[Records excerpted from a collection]
----
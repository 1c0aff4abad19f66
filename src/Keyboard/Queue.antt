-- ===== src/Keyboard/Queue.antt =====
-- The ring buffer of the keyboard is a queue of at most 127 characters.
use mathlib.Core.Path.{subst}
use hatcher.Base.{
  ℕ, zero, suc, ◌+◌, ◌-◌, ◌%◌, ◌≤◌, ◌<◌, ◌≡◌, ◌≢◌, refl, ap, ◌∙◌, true, false, none, some, List, [],
  ◌∷◌, ◌++◌, ◌⊎◌, inl, inr, arith, ◌==◌, ltb, if◌then◌else◌, Bool-cases, length, get_or, set, u32,
  length-set, get_or-set_self, get_or-set_ne,
}
use hatcher.Keyboard.{Keyboard, kb_buf_size, keyboard_buffer_push, keyboard_buffer_pop}

-- `n` characters of the buffer, from index `i` on, around its end.
unfoldable pub read_ring : ℕ → ℕ → List ℕ → List ℕ
read_ring zero i b = []
read_ring (suc n) i b = get_or b i 0 ∷ read_ring n ((i + 1) % 128) b

abbrev pub pending : Keyboard → ℕ
pending k = (k.kb_head + 128 - k.kb_tail) % 128

-- The characters that wait, the oldest one first.
abbrev pub queue : Keyboard → List ℕ
queue k = read_ring (pending k) k.kb_tail k.kb_buf

-- A queue of at most 127 characters drops what comes when it is full.
abbrev pub enqueue : ℕ → List ℕ → List ℕ
enqueue c q = if ltb (length q) 127 then q ++ (c ∷ []) else q

pub record IsRing (k : Keyboard) : Type 0 where
  pub size : length k.kb_buf ≡ 128
  pub head : k.kb_head < 128
  pub tail : k.kb_tail < 128

pub length-read_ring : (n i : ℕ) (b : List ℕ) → length (read_ring n i b) ≡ n
unfolding read_ring
length-read_ring zero i b = refl
length-read_ring (suc n) i b = ap suc (length-read_ring n ((i + 1) % 128) b)

pub length-queue : (k : Keyboard) → length (queue k) ≡ pending k
length-queue k = length-read_ring (pending k) k.kb_tail k.kb_buf

-- A write at an index that is not among those read.
read_ring-set :
    (n i j : ℕ) (b : List ℕ) (c : ℕ)
    → i < 128
    → j < 128
    → n ≤ (j + 128 - i) % 128
    → read_ring n i (set b j c) ≡ read_ring n i b
unfolding read_ring
read_ring-set zero i j b c small small' le = refl
read_ring-set (suc n) i j b c small small' le =
    let ne : j ≢ i = λ e. omega arith in
    let rest : n ≤ (j + 128 - (i + 1) % 128) % 128 = omega arith in
    rw (get_or-set_ne b j i c 0 ne)
      (ap (λ q. get_or b i 0 ∷ q) (read_ring-set n ((i + 1) % 128) j b c (omega arith) small' rest))

read_ring-snoc :
    (n i j : ℕ) (b : List ℕ)
    → i < 128
    → j ≡ (i + n) % 128
    → read_ring (suc n) i b ≡ read_ring n i b ++ (get_or b j 0 ∷ [])
unfolding read_ring
read_ring-snoc zero i j b small e = let same : j ≡ i = omega arith in rw same refl
read_ring-snoc (suc n) i j b small e =
    ap (λ q. get_or b i 0 ∷ q) (read_ring-snoc n ((i + 1) % 128) j b (omega arith) (omega arith))

-- `keyboard_buffer_push` adds a character behind those that wait, unless there are 127 already: then
-- the character is dropped.
pub keyboard_buffer_push-queue :
    (k : Keyboard) (c : ℕ)
    → IsRing k
    → IsRing (keyboard_buffer_push c k) × (queue (keyboard_buffer_push c k) ≡ enqueue c (queue k))
unfolding keyboard_buffer_push
keyboard_buffer_push-queue k c v =
    elim (Bool-cases (u32 (k.kb_head + 1) % kb_buf_size == k.kb_tail)) [
      | inl full ↦
          let no_room : ltb (length (queue k)) 127 ≡ false =
            ground (arith, length-queue k, v.head, v.tail) in
          simp (full, no_room) (v, refl)
      | inr room ↦
          let some_room : ltb (length (queue k)) 127 ≡ true =
            ground (arith, length-queue k, v.head, v.tail) in
          let next : u32 (k.kb_head + 1) % 128 ≡ (k.kb_head + 1) % 128 = omega (arith, v.head) in
          let room' : ((k.kb_head + 1) % 128 == k.kb_tail) ≡ false =
            subst (λ n. (n == k.kb_tail) ≡ false) next room in
          let one_more : ((k.kb_head + 1) % 128 + 128 - k.kb_tail) % 128 ≡ suc (pending k) =
            ground (arith, v.head, v.tail) in
          simp (next, room', some_room, one_more)
            (
              record {
                size = length-set k.kb_buf k.kb_head c ∙ v.size;
                head = omega arith;
                tail = v.tail;
              },
              read_ring-snoc (pending k) k.kb_tail k.kb_head (set k.kb_buf k.kb_head c) v.tail
                    (omega (arith, v.head, v.tail))
                  ∙ rw
                      (
                        get_or-set_self k.kb_buf k.kb_head c 0 (omega (arith, v.head, v.size)),
                        read_ring-set (pending k) k.kb_tail k.kb_head k.kb_buf c v.tail v.head
                            (omega arith),
                      )
                      refl,
            )
    ]

-- `keyboard_buffer_pop` takes the oldest character, if there is one; it returns 0 exactly when none
-- waits.
pub keyboard_buffer_pop-queue :
    (k : Keyboard)
    → IsRing k
    → IsRing (keyboard_buffer_pop k).1
      × ((((keyboard_buffer_pop k).0 ≡ none) × (queue k ≡ []) × ((keyboard_buffer_pop k).1 ≡ k))
          ⊎ ((c : ℕ) × ((keyboard_buffer_pop k).0 ≡ some c)
              × (queue k ≡ c ∷ queue (keyboard_buffer_pop k).1)))
unfolding keyboard_buffer_pop
keyboard_buffer_pop-queue k v = elim (Bool-cases (k.kb_head == k.kb_tail)) [
  | inl empty ↦
      let none_left : pending k ≡ 0 = ground (arith, v.head, v.tail) in
      simp (empty, none_left) (v, inl (refl, unfold read_ring in refl, refl))
  | inr more ↦
      let next : u32 (k.kb_tail + 1) % 128 ≡ (k.kb_tail + 1) % 128 = omega (arith, v.tail) in
      let one_less : pending k ≡ suc ((k.kb_head + 128 - (k.kb_tail + 1) % 128) % 128) =
        ground (arith, v.head, v.tail) in
      simp (more, next, one_less)
        (
          record { size = v.size; head = v.head; tail = omega arith },
          inr (get_or k.kb_buf k.kb_tail 0, refl, unfold read_ring in refl),
        )
]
----
**Directions**
Which lines of the records above hold the word "pending"? Copy each of them.

**Task solution**
abbrev pub pending : Keyboard → ℕ
pending k = (k.kb_head + 128 - k.kb_tail) % 128
queue k = read_ring (pending k) k.kb_tail k.kb_buf
pub length-queue : (k : Keyboard) → length (queue k) ≡ pending k
length-queue k = length-read_ring (pending k) k.kb_tail k.kb_buf
          let one_more : ((k.kb_head + 1) % 128 + 128 - k.kb_tail) % 128 ≡ suc (pending k) =
              read_ring-snoc (pending k) k.kb_tail k.kb_head (set k.kb_buf k.kb_head c) v.tail
                        read_ring-set (pending k) k.kb_tail k.kb_head k.kb_buf c v.tail v.head
      let none_left : pending k ≡ 0 = ground (arith, v.head, v.tail) in
      let one_less : pending k ≡ suc ((k.kb_head + 128 - (k.kb_tail + 1) % 128) % 128) =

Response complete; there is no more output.